One thing to keep in mind about bluegrass music is that it was designed from the beginning to be commercial counrty music. I wasn't really meant to be back porch music. When country music fans first heard Bill Monroe and the Blue Grass Boys over WSM's Grand Ole Opry with Earl, Cedric, Chubby and Lester, they went generally bonkers. Suddenly the Gibson Co. was back in the banjo business and, I think, had to dig out their patterns for five-string banjos. People hadn't wanted many of them for a long time.

Note that Monroe didn't originally refer to his music as "bluegrass." Other people eventually gave it than name because Bill had named his band The Blue Grass Boys after his home state. Bill has been quoted many times as saying he was just playing country music and trying to get a sound that was unique and easily identifiable. I believe he actually experimented with electric instruments, piano and accordian at different times before settling on the 1945 configuration.

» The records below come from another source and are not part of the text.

-- ===== src/Dns/Zones.antt =====
-- internal/dns/zones.go: the snapshot of the zones, and the lookups in it. A snapshot is a map from
-- the apex as a full name; swapping the pointer is replacing the value.
pub mod Find
pub mod Index
use mathlib.Core.Option
use lamund.Prelude.{
  ℕ, zero, suc, Bool, true, false, not, ◌||◌, Option, none, some, List, [], ◌∷◌, ◌++◌, ◌==◌,
  if◌then◌else◌, Bytes, codes, beq, length, take, drop, Map, lookup, insert, lower, is_empty,
  index_byte,
}
use lamund.Dns.Types.{
  DnsZone, DnsRecord, DnsSettings, NameLib, Rr, soa, ns, type_any, type_soa, type_ns, class_inet,
  u32,
}
use lamund.Dns.Records.{to_rr}

pub record Zone : Type 0 where
  pub apex : Bytes
  pub serial : ℕ
  pub refresh : ℕ
  pub retry : ℕ
  pub expire : ℕ
  pub minimum : ℕ
  pub ns1 : Bytes
  pub ns2 : Bytes
  pub hostmaster : Bytes
  pub records : Map (List DnsRecord)

abbrev pub Snapshot : Type 0
Snapshot = Map Zone

-- The name behind the first dot; none if there is no dot, or it ends the name.
unfoldable pub after_dot : Bytes → Option Bytes
after_dot [] = none
after_dot (c ∷ []) = none
after_dot (c ∷ d ∷ s) = if c == b'.' then some (d ∷ s) else after_dot (d ∷ s)

-- The loop of Zones.Find, on fuel.
unfoldable pub find_from : ℕ → Snapshot → Bytes → Option Zone
find_from zero snap name = none
find_from (suc fuel) snap name = elim (lookup name snap) [
  | some zone ↦ some zone
  | none ↦ elim (after_dot name) [ none ↦ none | some rest ↦ find_from fuel snap rest ]
]

-- Zones.Find; each round shortens the name, so its length is fuel enough.
unfoldable pub find_zone : Snapshot → Bytes → Option Zone
find_zone snap qname = find_from (suc (length qname)) snap qname

-- a slice that is missing from the map
abbrev pub or_nil : Option (List DnsRecord) → List DnsRecord
or_nil none = []
or_nil (some rs) = rs

module _ (lib : NameLib) where
  unfoldable pub owner_fqdn : Bytes → Bytes → Bytes
  unfolding beq lower
  owner_fqdn apex name =
      if beq name (codes "@")
      then lib.fqdn apex
      else if beq name (codes "*")
      then codes "*." ++ lib.fqdn apex
      else lib.fqdn (lower name ++ b'.' ∷ apex)

  -- the loop over the records of a zone, those of its number
  unfoldable pub index_records :
      Bytes → ℕ → List DnsRecord → Map (List DnsRecord) → Map (List DnsRecord)
  index_records apex id [] m = m
  index_records apex id (r ∷ rs) m = index_records apex id rs (
      if r.zone_id == id
      then insert (owner_fqdn apex r.name) (or_nil (lookup (owner_fqdn apex r.name) m) ++ r ∷ []) m
      else m)

  unfoldable pub build_zone : DnsSettings → List DnsRecord → DnsZone → Zone
  build_zone settings recs z = record {
    apex = lower z.domain;
    serial = u32 z.serial;
    refresh = u32 z.refresh;
    retry = u32 z.retry;
    expire = u32 z.expire;
    minimum = u32 z.minimum;
    ns1 = settings.ns1;
    ns2 = settings.ns2;
    hostmaster = settings.hostmaster;
    records = index_records (lower z.domain) z.id recs [];
  }

  -- the loop over the zones
  unfoldable pub build_each : DnsSettings → List DnsRecord → List DnsZone → Snapshot → Snapshot
  build_each settings recs [] snap = snap
  build_each settings recs (z ∷ zs) snap =
      build_each settings recs zs
        (insert (lib.fqdn (lower z.domain)) (build_zone settings recs z) snap)

  -- BuildSnapshot on what AllDNSData returned, `none` for its error
  unfoldable pub build_snapshot :
      Option (List DnsZone × List DnsRecord × DnsSettings) → Option Snapshot
  build_snapshot none = none
  build_snapshot (some (zones, recs, settings)) = some (build_each settings recs zones [])

  -- Zones.Reload: a failed build keeps the snapshot. The flag is whether an error is returned.
  unfoldable pub reload :
      Option (List DnsZone × List DnsRecord × DnsSettings) → Snapshot → Snapshot × Bool
  unfolding build_snapshot
  reload read snap = elim (build_snapshot read) [
    | none ↦ (snap, true)
    | some snap' ↦ (snap', false)
  ]

  -- An address as RFC 1035 writes it: the dots before the `@` are escaped.
  unfoldable pub escape_dots : Bytes → Bytes
  escape_dots [] = []
  escape_dots (c ∷ s) = if c == b'.' then b'\\' ∷ b'.' ∷ escape_dots s else c ∷ escape_dots s

  abbrev mail_name : Bytes → Option ℕ → Bytes
  mail_name mbox none = mbox
  mail_name mbox (some i) = escape_dots (take i mbox) ++ b'.' ∷ drop (suc i) mbox

  -- Zone.SOA
  unfoldable pub zone_soa : Zone → Rr
  zone_soa z = record {
    name = lib.fqdn z.apex;
    rrtype = type_soa;
    class = class_inet;
    ttl = z.minimum;
    rdata =
        soa (if is_empty z.ns1 then b'.' ∷ [] else lib.fqdn z.ns1)
          (if is_empty z.hostmaster
            then codes "hostmaster." ++ lib.fqdn z.apex
            else mail_name (lib.fqdn z.hostmaster) (index_byte b'@' (lib.fqdn z.hostmaster)))
          z.serial z.refresh z.retry z.expire z.minimum;
  }

  -- Zone.NS
  unfoldable pub ns_from : Bytes → List DnsRecord → List Rr
  unfolding beq
  ns_from apex [] = []
  ns_from apex (r ∷ rs) =
      let rest = ns_from apex rs in
      if not (beq r.kind (codes "NS"))
      then rest
      else record {
        name = apex;
        rrtype = type_ns;
        class = class_inet;
        ttl = u32 r.ttl;
        rdata = ns (lib.fqdn r.value);
      }
        ∷ rest

  unfoldable pub zone_ns : Zone → List Rr
  zone_ns z = ns_from (lib.fqdn z.apex) (or_nil (lookup (lib.fqdn z.apex) z.records))

  abbrev keep_type : ℕ → Option Rr → List Rr → List Rr
  keep_type qtype none rest = rest
  keep_type qtype (some rr) rest =
      if qtype == type_any || rr.rrtype == qtype then rr ∷ rest else rest

  unfoldable pub filter_by_type : Bytes → ℕ → List DnsRecord → List Rr
  filter_by_type owner qtype [] = []
  filter_by_type owner qtype (r ∷ rs) =
      let rest = filter_by_type owner qtype rs in keep_type qtype (to_rr lib owner r) rest

  -- the exact records, or those of the wildcard; the flag is matchedName
  abbrev match_in : Bytes → ℕ → Option (List DnsRecord) → Option (List DnsRecord) → List Rr × Bool
  match_in owner qtype (some recs) wild = (filter_by_type owner qtype recs, true)
  match_in owner qtype none (some wrecs) = (filter_by_type owner qtype wrecs, true)
  match_in owner qtype none none = ([], false)

  -- Zone.Match
  unfoldable pub zone_match : Zone → Bytes → ℕ → List Rr × Bool
  zone_match z owner qtype =
      match_in owner qtype (lookup owner z.records)
        (lookup (codes "*." ++ lib.fqdn z.apex) z.records)
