-- ===== src/Dns/Server.antt =====
-- internal/dns/handler.go: ServeDNS. A message holds what the handler sets; SetReply copies the
-- question and the identifier of the request, which the handler does not change. `none` stands for
-- a query that is dropped.
pub mod Authority
pub mod Answers
pub mod Names
use lamund.Prelude.{
  ℕ, Bool, true, false, not, ◌&&◌, Option, none, some, List, [], ◌∷◌, ◌++◌, ◌==◌, if◌then◌else◌,
  Bytes, codes, beq, lower,
}
use lamund.Dns.Types.{
  NameLib, Rr, hinfo, type_any, type_soa, type_ns, type_cname, type_hinfo, class_inet,
}
use lamund.Dns.Zones.{Zone, Snapshot, find_zone, zone_soa, zone_ns, zone_match}
use lamund.Dns.Rate.{Buckets, rrl_allow}

pub record Question : Type 0 where
  pub name : Bytes
  pub qtype : ℕ
  pub qclass : ℕ

pub record Query : Type 0 where
  pub questions : List Question
  pub edns : Bool

pub record Msg : Type 0 where
  pub rcode : ℕ
  pub authoritative : Bool
  pub recursion_available : Bool
  pub answer : List Rr
  pub authority : List Rr
  pub edns : Option ℕ

abbrev pub success : ℕ
success = 0

abbrev pub name_error : ℕ
name_error = 3

abbrev pub refused : ℕ
refused = 5

-- The reply before the question is looked at.
abbrev pub reply : Msg
reply = record {
  rcode = success;
  authoritative = true;
  recursion_available = false;
  answer = [];
  authority = [];
  edns = none;
}

abbrev pub refuse : Msg
refuse = record reply { rcode = refused }

module _ (lib : NameLib) where
  unfoldable pub any_answer : Zone → Bytes → Rr
  any_answer zone qname = record {
    name = qname;
    rrtype = type_hinfo;
    class = class_inet;
    ttl = zone.minimum;
    rdata = hinfo (codes "RFC8482") [];
  }

  -- NODATA, or NXDOMAIN for a name that is not known
  unfoldable pub negative : Zone → Bool → Msg → Msg
  negative zone matched m = record m {
    authority = m.authority ++ zone_soa lib zone ∷ [];
    rcode = if matched then m.rcode else name_error;
  }

  abbrev pub or_next : List Rr → Msg → Msg → Msg
  or_next [] next m = next
  or_next (rr ∷ rrs) next m = record m { answer = rr ∷ rrs }

  -- the CNAME of the name, if another type is asked for
  unfoldable pub by_cname : Zone → Bytes → ℕ → Bool → Msg → Msg
  by_cname zone qname qtype matched m =
      if not (qtype == type_cname)
      then or_next (zone_match lib zone qname type_cname).0 (negative zone matched m) m
      else negative zone matched m

  unfoldable pub by_records : Zone → Bytes → ℕ → Msg → Msg
  by_records zone qname qtype m =
      let (ans, matched) = zone_match lib zone qname qtype in
      or_next ans (by_cname zone qname qtype matched m) m

  -- the name servers of the apex, if there are any
  unfoldable pub by_ns : Zone → Bytes → ℕ → Msg → Msg
  by_ns zone qname qtype m =
      if beq qname (lib.fqdn zone.apex) && qtype == type_ns
      then or_next (zone_ns lib zone) (by_records zone qname qtype m) m
      else by_records zone qname qtype m

  -- the part of ServeDNS behind the rate limit
  unfoldable pub answer_in : Zone → Bytes → ℕ → Msg → Msg
  answer_in zone qname qtype m =
      if qtype == type_any
      then record m { answer = m.answer ++ any_answer zone qname ∷ [] }
      else if beq qname (lib.fqdn zone.apex) && qtype == type_soa
      then record m { answer = m.answer ++ zone_soa lib zone ∷ [] }
      else by_ns zone qname qtype m

  abbrev pub with_edns : Bool → Msg → Msg
  with_edns true m = record m { edns = some 1232 }
  with_edns false m = m

  abbrev pub limited : Bool × Buckets → Msg → Option Msg × Buckets
  limited (true, rates) m = (some m, rates)
  limited (false, rates) m = (none, rates)

  abbrev pub in_zone : Option Zone → ℕ → Bytes → Bytes → ℕ → Bool → Buckets → Option Msg × Buckets
  in_zone none now subnet qname qtype edns rates = (some refuse, rates)
  in_zone (some zone) now subnet qname qtype edns rates =
      limited (rrl_allow now subnet rates) (answer_in zone qname qtype (with_edns edns reply))

  -- Handler.ServeDNS
  abbrev pub serve_questions :
      Snapshot → ℕ → Bytes → List Question → Bool → Buckets → Option Msg × Buckets
  serve_questions snap now subnet [] edns rates = (some refuse, rates)
  serve_questions snap now subnet (q ∷ r ∷ qs) edns rates = (some refuse, rates)
  serve_questions snap now subnet (q ∷ []) edns rates =
      if not (q.qclass == class_inet)
      then (some refuse, rates)
      else in_zone (find_zone snap (lower (lib.fqdn q.name))) now subnet (lower (lib.fqdn q.name))
          q.qtype edns rates

  unfoldable pub serve_dns : Snapshot → ℕ → Bytes → Query → Buckets → Option Msg × Buckets
  serve_dns snap now subnet req rates = serve_questions snap now subnet req.questions req.edns rates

The reason bluegrass jams may seem strange to many players unfamiliar with the idiom is that it is really intended as commercial entertainment. It tends to be highly arranged and often, several arrangements of a tune must be committed to memory before a player joining a jam will know when to play lead, when to play backup and when to just lay out.

Downeast Bob was correct in saying bluegrass grew pretty steadily in popularity since it's inception. The advent of R&R made it hard on most country musicians and I've read that in 1963, when Brad (AKA Bill) Kieth was a Blue Grass Boy, they would all climb into a station wagon with the bass tied up on top and drive from Nashville to California for a one night stand. Now that's dedication.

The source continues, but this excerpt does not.